Maybe it is because some weak engines allow stalemates but
I believe that if you take non buggy engines that do not allow stalemates and play them at fixed depths then you will get more than 3600 elo difference between depth 1 and depth 20 when depth 1 is clearly more than 400 elo better than the random player and I believe more than 800 elo better than the random player.
No, I tested pretty thoroughly the random player to be at about -100 to -200 CCRL 40/40 ELO points according to Logistic (which is pretty firmly established for engine-engine matches on large ELO span). Look at this thread: http://talkchess.com/forum/viewtopic.ph ... =0&t=62510
There I have a table:
# PLAYER : RATING POINTS PLAYED (%)
1 Random 0% : 2697.0 935.0 1000 93.5%
2 Random 10% : 2229.8 1033.0 2000 51.6%
3 Random 20% : 1632.3 970.0 2000 48.5%
4 Random 30% : 1156.3 582.0 2000 29.1%
5 Random 40% : 1142.2 1217.0 2000 60.9%
6 Random 50% : 961.6 1148.0 2000 57.4%
7 Random 60% : 604.0 820.5 2000 41.0%
8 Random 70% : 450.9 1097.5 2000 54.9%
9 Random 80% : 204.7 872.0 2000 43.6%
10 Random 90% : 76.6 1115.0 2000 55.8%
11 Random 100% : -155.6 210.0 1000 21.0%
given in CCRL 40/40 ELO points. So, in my reply to Sven, I took -100 to -200 for random player, 1700-1800 for strong amateur and Zurichess_00, and 3800-3900 for non-losing from standard opening position player. These are all supported by empirical data.
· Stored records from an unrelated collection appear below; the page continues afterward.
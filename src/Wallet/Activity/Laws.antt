-- ===== src/Wallet/Activity/Laws.antt =====
-- The list of backend/apps/wallet/activity.py against the ledger.
use shortform_streaming.Prelude.{
  ℕ, suc, ◌+◌, ◌≤◌, ◌≡◌, refl, sym, ap, ◌∙◌, Bool, some, List, [], ◌∷◌, map, arith, inl, inr,
  select, take, length, length-take, length-sort_by, ltb, ◌==◌, Option-cases,
}
use shortform_streaming.Prelude.Int.{ℤ, pos, ◌+ℤ◌}
use shortform_streaming.Model.{CoinLedgerEntry, Settings, UserProfile, Wallet, Store}
use shortform_streaming.Wallet.Ledger.{wallet_of}
use shortform_streaming.Wallet.Activity.{
  Annotated, WalletActivityEntry, is_older, ledger_rows, annotate, activity_entry,
  list_wallet_activity, max_activity_entries,
}

-- The sum of the amounts of a list of rows.
abbrev total : List CoinLedgerEntry → ℤ
total [] = pos 0
total (e ∷ es) = e.amount +ℤ total es

-- The balance that the newest annotated row carries, `start` where there is none.
abbrev newest : ℤ → List Annotated → ℤ
newest start [] = start
newest start (a ∷ older) = a.balance_after

abbrev annotated_row : ℤ → CoinLedgerEntry → Annotated
annotated_row running row = record { row = row; balance_after = running +ℤ row.amount }

length-annotate :
    (running : ℤ) (done out : List Annotated) (rows : List CoinLedgerEntry)
    → annotate running done rows ≡ some out
    → length out ≡ length done + length rows
unfolding annotate
length-annotate running done out [] r = ground arith
length-annotate running done out (row ∷ rows) r =
    let rest =
      length-annotate (running +ℤ row.amount) (annotated_row running row ∷ done) out rows
        (ground arith) in
    omega (arith, rest)

-- What the list holds, where there is a wallet.
record ActivityRun (db : Store) (w : Wallet) (entries : List WalletActivityEntry) (more : Bool)
    (settings : Settings) (now : ℕ) : Type 0 where
  annotated : List Annotated
  run : annotate (pos 0) [] (ledger_rows db w.pk) ≡ some annotated
  shown : map (activity_entry settings db now) (take max_activity_entries annotated) ≡ entries
  counted : ltb max_activity_entries (length annotated) ≡ more

module _ (settings : Settings) (db : Store) (now : ℕ) (p : UserProfile) (w : Wallet) (more : Bool)
    (owned : wallet_of p db ≡ some w) where
  activity_run :
      (entries : List WalletActivityEntry)
      → list_wallet_activity settings db now p ≡ some (entries, more)
      → ActivityRun db w entries more settings now
  unfolding list_wallet_activity
  activity_run entries h = elim (Option-cases (annotate (pos 0) [] (ledger_rows db w.pk))) [
    | inl failed ↦ absurd (ground arith)
    | inr (annotated, run) ↦ record {
      annotated = annotated;
      run = run;
      shown = ground arith;
      counted = ground arith;
    }
  ]

  length-ledger_rows :
      length (ledger_rows db w.pk) ≡ length (select (λ e. e.wallet == w.pk) db.entries)
  unfolding ledger_rows
  length-ledger_rows = length-sort_by is_older _

  length-map : (xs : List Annotated) → length (map (activity_entry settings db now) xs) ≡ length xs
  length-map [] = refl
  length-map (x ∷ xs) = ap suc (length-map xs)

  -- The list has at most twenty lines, and it says that there are more exactly if the wallet has
  -- more than twenty entries.
  pub activity-page :
      (entries : List WalletActivityEntry)
      → list_wallet_activity settings db now p ≡ some (entries, more)
      → (length entries ≤ 20) × (more ≡ ltb 20 (length (select (λ e. e.wallet == w.pk) db.entries)))
  activity-page entries h =
      let run = activity_run entries h in
      let counted = length-annotate (pos 0) [] run.annotated _ run.run in
      let same : length run.annotated ≡ length (select (λ e. e.wallet == w.pk) db.entries) =
        omega (arith, counted, length-ledger_rows) in
      (
        omega (
          arith,
          ap length run.shown,
          length-map (take max_activity_entries run.annotated),
          length-take max_activity_entries run.annotated,
        ),
        sym run.counted ∙ ap (ltb max_activity_entries) same,
      )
It may be interesting to test not only against random players but against normal engines or humans.
I cannot believe that random 20% can achieve fide rating of 1600 against humans.
It seems to me an engine that I guess that I can easily win against it
at blitz(5 minutes per game) and when I am clearly better than fide rating 1600 I believe my level at blitz is lower than 1600 fide rating(at tournament time control)
jumping in here to somment without having read the whole thread, anyway:
- a random mover is a relatively strong engine, it will make the strongest move about once every 30 moves, and often make the 2nd-best, 3rd-best or 10-th best move
No it is very weak, because even a random best move doesn't help if you already blundered a dozen of times before...
The random movers in my test made around 11-13% vs. Andworst to answer your last question.
In CCRL the RM has around 200 rating on CCRL scale but only due to the fact it played 3-5 buggy programs (out of its opponents), which stalemated too often or did not know 3 time-rep,
otherwise it would be around -200/-300.
Of course all of this was already answered and posted in this thread if you had read it...
Ah! I didn't remember it. Well, the former was random, but not at depth 1 if I remember well. The new one you point also worked at depth 1. And also was stronger.
how stronger is a random-mover than worst-mover?
how stronger would be SF than some 2000 elo engine, and this engine in turn than the random-mover?
maybe in this case we will need some 10 000 elo scale.
Evert wrote:What's to avoid? It's pretty clear that chess (FIDE rules) is a draw from the initial position with optimal play from both sides.
Unless you rig the opening by having one side play vastly suboptimal, a draw is the expected outcome. If you do unbalance the opening like that, you're not measuring a result, just confirming your input.